Start of Data

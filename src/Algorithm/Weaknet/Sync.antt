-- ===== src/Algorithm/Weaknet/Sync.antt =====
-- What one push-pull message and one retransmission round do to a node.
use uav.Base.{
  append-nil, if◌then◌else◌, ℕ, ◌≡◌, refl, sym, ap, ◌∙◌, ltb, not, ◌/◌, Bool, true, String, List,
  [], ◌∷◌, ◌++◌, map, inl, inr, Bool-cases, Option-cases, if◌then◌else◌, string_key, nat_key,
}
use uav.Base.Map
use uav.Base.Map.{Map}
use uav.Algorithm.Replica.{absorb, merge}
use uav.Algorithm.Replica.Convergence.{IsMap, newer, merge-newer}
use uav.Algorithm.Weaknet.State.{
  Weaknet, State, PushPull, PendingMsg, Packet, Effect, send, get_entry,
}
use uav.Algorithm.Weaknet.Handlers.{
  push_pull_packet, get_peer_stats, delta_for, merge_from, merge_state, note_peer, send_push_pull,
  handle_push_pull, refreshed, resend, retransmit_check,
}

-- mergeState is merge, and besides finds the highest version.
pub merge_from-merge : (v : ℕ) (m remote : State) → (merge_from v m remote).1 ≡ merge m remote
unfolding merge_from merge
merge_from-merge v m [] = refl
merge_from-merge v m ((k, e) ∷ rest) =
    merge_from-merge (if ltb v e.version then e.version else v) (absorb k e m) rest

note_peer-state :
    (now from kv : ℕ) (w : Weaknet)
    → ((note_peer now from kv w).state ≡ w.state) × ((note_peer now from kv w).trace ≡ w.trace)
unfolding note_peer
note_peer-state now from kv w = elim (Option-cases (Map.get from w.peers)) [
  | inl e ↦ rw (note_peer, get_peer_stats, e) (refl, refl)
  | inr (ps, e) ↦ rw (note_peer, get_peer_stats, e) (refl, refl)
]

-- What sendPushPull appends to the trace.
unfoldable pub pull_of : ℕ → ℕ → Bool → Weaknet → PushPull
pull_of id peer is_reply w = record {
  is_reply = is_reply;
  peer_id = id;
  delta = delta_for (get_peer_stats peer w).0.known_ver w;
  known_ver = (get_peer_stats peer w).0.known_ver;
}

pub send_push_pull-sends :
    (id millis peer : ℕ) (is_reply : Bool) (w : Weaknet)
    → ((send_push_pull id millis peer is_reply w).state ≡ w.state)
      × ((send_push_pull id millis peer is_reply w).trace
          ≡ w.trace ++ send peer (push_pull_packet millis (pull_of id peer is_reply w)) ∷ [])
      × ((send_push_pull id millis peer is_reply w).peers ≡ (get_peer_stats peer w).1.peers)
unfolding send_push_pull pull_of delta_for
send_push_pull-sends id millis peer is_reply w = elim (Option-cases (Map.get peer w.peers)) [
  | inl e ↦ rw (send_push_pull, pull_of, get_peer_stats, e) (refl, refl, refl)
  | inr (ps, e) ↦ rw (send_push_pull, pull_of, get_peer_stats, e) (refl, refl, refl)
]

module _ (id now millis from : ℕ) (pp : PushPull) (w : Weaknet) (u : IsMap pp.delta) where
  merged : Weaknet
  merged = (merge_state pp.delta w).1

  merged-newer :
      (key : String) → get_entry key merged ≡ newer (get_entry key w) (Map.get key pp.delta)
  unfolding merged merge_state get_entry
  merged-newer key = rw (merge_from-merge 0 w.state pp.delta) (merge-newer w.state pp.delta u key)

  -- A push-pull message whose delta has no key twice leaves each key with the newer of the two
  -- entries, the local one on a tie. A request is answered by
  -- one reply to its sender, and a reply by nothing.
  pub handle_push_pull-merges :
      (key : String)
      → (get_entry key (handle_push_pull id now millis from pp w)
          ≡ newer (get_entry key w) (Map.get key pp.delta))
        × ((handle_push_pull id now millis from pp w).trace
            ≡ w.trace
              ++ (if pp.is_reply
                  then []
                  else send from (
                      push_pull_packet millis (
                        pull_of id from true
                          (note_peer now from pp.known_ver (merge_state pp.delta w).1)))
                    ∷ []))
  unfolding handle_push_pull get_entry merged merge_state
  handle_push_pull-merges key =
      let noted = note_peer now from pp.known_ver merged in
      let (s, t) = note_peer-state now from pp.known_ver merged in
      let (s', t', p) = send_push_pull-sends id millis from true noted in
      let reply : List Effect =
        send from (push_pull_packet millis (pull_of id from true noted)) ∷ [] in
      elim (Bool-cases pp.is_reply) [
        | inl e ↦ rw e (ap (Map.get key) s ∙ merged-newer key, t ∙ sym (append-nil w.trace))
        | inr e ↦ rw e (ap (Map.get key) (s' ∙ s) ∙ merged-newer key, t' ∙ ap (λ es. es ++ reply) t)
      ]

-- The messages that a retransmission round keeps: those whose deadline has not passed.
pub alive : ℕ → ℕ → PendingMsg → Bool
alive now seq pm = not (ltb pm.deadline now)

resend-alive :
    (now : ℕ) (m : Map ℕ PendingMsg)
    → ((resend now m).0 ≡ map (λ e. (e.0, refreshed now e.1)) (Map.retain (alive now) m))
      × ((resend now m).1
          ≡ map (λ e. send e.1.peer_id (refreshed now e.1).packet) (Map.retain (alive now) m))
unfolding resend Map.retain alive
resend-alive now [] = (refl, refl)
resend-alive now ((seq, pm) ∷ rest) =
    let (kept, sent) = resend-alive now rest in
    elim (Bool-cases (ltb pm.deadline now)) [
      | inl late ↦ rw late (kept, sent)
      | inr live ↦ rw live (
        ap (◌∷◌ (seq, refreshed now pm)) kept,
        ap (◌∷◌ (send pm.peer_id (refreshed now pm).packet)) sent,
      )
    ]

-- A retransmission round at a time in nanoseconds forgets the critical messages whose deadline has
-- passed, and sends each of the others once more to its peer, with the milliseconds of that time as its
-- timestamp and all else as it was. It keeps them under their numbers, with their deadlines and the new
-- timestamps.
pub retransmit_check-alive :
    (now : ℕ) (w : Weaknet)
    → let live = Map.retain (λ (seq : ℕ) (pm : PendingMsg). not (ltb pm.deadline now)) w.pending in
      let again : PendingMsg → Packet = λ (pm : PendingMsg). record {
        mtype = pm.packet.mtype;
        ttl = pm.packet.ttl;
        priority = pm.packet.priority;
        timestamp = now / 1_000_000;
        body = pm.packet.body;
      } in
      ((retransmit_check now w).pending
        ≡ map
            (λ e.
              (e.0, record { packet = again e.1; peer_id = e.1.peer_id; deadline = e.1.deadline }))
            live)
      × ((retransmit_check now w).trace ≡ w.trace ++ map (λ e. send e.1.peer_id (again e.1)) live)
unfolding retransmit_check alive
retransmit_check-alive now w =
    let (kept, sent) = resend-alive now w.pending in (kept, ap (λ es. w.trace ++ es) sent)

End of Data
Start of Data

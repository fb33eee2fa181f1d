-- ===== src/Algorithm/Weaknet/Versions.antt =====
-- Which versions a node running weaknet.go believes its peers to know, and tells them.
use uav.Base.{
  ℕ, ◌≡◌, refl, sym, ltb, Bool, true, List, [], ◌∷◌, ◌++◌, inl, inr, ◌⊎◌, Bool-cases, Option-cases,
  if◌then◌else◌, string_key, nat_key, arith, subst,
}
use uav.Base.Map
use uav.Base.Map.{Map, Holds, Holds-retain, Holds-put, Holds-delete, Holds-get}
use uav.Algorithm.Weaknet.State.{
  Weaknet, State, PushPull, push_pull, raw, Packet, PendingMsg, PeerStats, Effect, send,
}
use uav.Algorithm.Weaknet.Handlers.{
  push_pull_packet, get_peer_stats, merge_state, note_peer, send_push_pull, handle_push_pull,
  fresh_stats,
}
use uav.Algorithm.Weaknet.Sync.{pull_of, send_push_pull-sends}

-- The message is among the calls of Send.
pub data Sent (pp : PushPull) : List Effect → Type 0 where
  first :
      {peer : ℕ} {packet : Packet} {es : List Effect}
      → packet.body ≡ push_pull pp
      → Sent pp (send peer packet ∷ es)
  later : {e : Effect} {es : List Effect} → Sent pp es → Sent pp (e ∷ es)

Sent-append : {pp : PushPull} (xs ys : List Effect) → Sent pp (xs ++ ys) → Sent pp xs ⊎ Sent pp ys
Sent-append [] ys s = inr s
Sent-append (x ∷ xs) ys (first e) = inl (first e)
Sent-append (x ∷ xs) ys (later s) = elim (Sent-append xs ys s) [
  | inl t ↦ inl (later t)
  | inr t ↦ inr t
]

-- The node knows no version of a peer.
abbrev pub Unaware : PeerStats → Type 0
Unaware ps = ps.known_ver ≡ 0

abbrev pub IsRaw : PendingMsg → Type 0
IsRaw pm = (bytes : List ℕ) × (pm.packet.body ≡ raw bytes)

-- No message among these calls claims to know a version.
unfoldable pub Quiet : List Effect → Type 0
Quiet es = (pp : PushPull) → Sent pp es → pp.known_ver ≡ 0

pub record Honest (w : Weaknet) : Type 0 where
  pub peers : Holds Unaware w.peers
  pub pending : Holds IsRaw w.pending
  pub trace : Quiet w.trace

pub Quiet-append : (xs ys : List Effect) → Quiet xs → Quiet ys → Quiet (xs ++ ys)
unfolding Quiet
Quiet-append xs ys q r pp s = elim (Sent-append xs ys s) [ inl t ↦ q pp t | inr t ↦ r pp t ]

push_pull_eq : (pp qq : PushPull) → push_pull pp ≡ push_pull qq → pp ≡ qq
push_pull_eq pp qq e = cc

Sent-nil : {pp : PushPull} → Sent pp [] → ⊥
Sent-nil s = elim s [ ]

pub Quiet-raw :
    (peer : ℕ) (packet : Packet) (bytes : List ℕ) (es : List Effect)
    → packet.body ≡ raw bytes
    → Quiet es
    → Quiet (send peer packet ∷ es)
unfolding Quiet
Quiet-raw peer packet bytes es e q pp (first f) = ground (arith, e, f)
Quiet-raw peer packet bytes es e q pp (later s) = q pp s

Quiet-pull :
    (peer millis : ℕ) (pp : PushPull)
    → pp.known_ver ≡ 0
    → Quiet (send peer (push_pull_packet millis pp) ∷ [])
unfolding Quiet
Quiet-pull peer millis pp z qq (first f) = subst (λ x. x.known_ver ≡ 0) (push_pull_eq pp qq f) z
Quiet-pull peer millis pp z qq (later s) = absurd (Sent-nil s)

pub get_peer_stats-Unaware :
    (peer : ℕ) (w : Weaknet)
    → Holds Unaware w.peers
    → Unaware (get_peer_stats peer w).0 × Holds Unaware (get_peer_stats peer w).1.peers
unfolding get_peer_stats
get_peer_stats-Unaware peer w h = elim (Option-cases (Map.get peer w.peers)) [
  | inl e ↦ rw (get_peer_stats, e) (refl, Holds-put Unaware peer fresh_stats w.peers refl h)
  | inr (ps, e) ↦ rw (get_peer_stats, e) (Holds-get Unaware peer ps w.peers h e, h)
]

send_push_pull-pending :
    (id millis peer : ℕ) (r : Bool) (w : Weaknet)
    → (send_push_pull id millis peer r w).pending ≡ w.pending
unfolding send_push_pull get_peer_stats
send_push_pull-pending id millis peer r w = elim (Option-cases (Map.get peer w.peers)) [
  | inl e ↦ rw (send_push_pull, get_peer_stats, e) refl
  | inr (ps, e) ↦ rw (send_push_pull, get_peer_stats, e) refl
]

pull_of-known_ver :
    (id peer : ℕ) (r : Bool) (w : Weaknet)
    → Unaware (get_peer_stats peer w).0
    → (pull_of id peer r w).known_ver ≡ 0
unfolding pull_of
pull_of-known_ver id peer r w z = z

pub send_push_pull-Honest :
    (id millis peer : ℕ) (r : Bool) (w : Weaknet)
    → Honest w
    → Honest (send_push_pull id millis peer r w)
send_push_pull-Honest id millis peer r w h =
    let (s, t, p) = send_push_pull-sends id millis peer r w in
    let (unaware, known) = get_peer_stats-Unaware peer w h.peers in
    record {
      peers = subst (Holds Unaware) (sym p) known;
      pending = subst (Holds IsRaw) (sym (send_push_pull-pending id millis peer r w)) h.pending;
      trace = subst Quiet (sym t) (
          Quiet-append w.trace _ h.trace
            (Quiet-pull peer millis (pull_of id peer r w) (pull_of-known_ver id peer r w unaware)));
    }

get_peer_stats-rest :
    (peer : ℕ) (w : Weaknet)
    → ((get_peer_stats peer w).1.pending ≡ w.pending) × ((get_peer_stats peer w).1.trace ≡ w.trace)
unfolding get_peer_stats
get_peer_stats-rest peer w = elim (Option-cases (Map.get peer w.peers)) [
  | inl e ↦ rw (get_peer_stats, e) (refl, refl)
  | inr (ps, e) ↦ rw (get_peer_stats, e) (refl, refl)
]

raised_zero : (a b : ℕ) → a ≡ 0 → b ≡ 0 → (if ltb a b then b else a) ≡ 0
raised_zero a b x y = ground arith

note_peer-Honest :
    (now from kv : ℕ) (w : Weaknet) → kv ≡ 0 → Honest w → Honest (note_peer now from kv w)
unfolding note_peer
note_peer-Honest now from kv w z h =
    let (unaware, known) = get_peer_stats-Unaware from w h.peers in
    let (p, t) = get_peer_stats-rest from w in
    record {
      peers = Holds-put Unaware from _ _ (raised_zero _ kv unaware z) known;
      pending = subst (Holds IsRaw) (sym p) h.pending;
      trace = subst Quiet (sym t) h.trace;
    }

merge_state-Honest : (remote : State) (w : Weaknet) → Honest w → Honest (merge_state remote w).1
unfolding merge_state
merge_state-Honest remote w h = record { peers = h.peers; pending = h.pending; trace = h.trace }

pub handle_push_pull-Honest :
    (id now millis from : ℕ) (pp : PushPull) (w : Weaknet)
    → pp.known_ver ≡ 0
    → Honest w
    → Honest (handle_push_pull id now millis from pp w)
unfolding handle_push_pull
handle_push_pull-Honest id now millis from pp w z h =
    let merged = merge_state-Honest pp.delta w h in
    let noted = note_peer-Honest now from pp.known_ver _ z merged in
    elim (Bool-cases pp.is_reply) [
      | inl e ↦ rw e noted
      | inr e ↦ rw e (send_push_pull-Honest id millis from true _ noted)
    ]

End of Data

=== Exercise ===
Give back precisely the lines above that start at the line containing "filename src/Algorithm/Weaknet/Sync.antt" and end at the line containing "peer is_reply w).trace", inclusive. No other lines belong in the output.

=== Exercise response ===
filename src/Algorithm/Weaknet/Sync.antt
-- ===== src/Algorithm/Weaknet/Sync.antt =====
-- What one push-pull message and one retransmission round do to a node.
use uav.Base.{
  append-nil, if◌then◌else◌, ℕ, ◌≡◌, refl, sym, ap, ◌∙◌, ltb, not, ◌/◌, Bool, true, String, List,
  [], ◌∷◌, ◌++◌, map, inl, inr, Bool-cases, Option-cases, if◌then◌else◌, string_key, nat_key,
}
use uav.Base.Map
use uav.Base.Map.{Map}
use uav.Algorithm.Replica.{absorb, merge}
use uav.Algorithm.Replica.Convergence.{IsMap, newer, merge-newer}
use uav.Algorithm.Weaknet.State.{
  Weaknet, State, PushPull, PendingMsg, Packet, Effect, send, get_entry,
}
use uav.Algorithm.Weaknet.Handlers.{
  push_pull_packet, get_peer_stats, delta_for, merge_from, merge_state, note_peer, send_push_pull,
  handle_push_pull, refreshed, resend, retransmit_check,
}

-- mergeState is merge, and besides finds the highest version.
pub merge_from-merge : (v : ℕ) (m remote : State) → (merge_from v m remote).1 ≡ merge m remote
unfolding merge_from merge
merge_from-merge v m [] = refl
merge_from-merge v m ((k, e) ∷ rest) =
    merge_from-merge (if ltb v e.version then e.version else v) (absorb k e m) rest

note_peer-state :
    (now from kv : ℕ) (w : Weaknet)
    → ((note_peer now from kv w).state ≡ w.state) × ((note_peer now from kv w).trace ≡ w.trace)
unfolding note_peer
note_peer-state now from kv w = elim (Option-cases (Map.get from w.peers)) [
  | inl e ↦ rw (note_peer, get_peer_stats, e) (refl, refl)
  | inr (ps, e) ↦ rw (note_peer, get_peer_stats, e) (refl, refl)
]

-- What sendPushPull appends to the trace.
unfoldable pub pull_of : ℕ → ℕ → Bool → Weaknet → PushPull
pull_of id peer is_reply w = record {
  is_reply = is_reply;
  peer_id = id;
  delta = delta_for (get_peer_stats peer w).0.known_ver w;
  known_ver = (get_peer_stats peer w).0.known_ver;
}

pub send_push_pull-sends :
    (id millis peer : ℕ) (is_reply : Bool) (w : Weaknet)
    → ((send_push_pull id millis peer is_reply w).state ≡ w.state)
      × ((send_push_pull id millis peer is_reply w).trace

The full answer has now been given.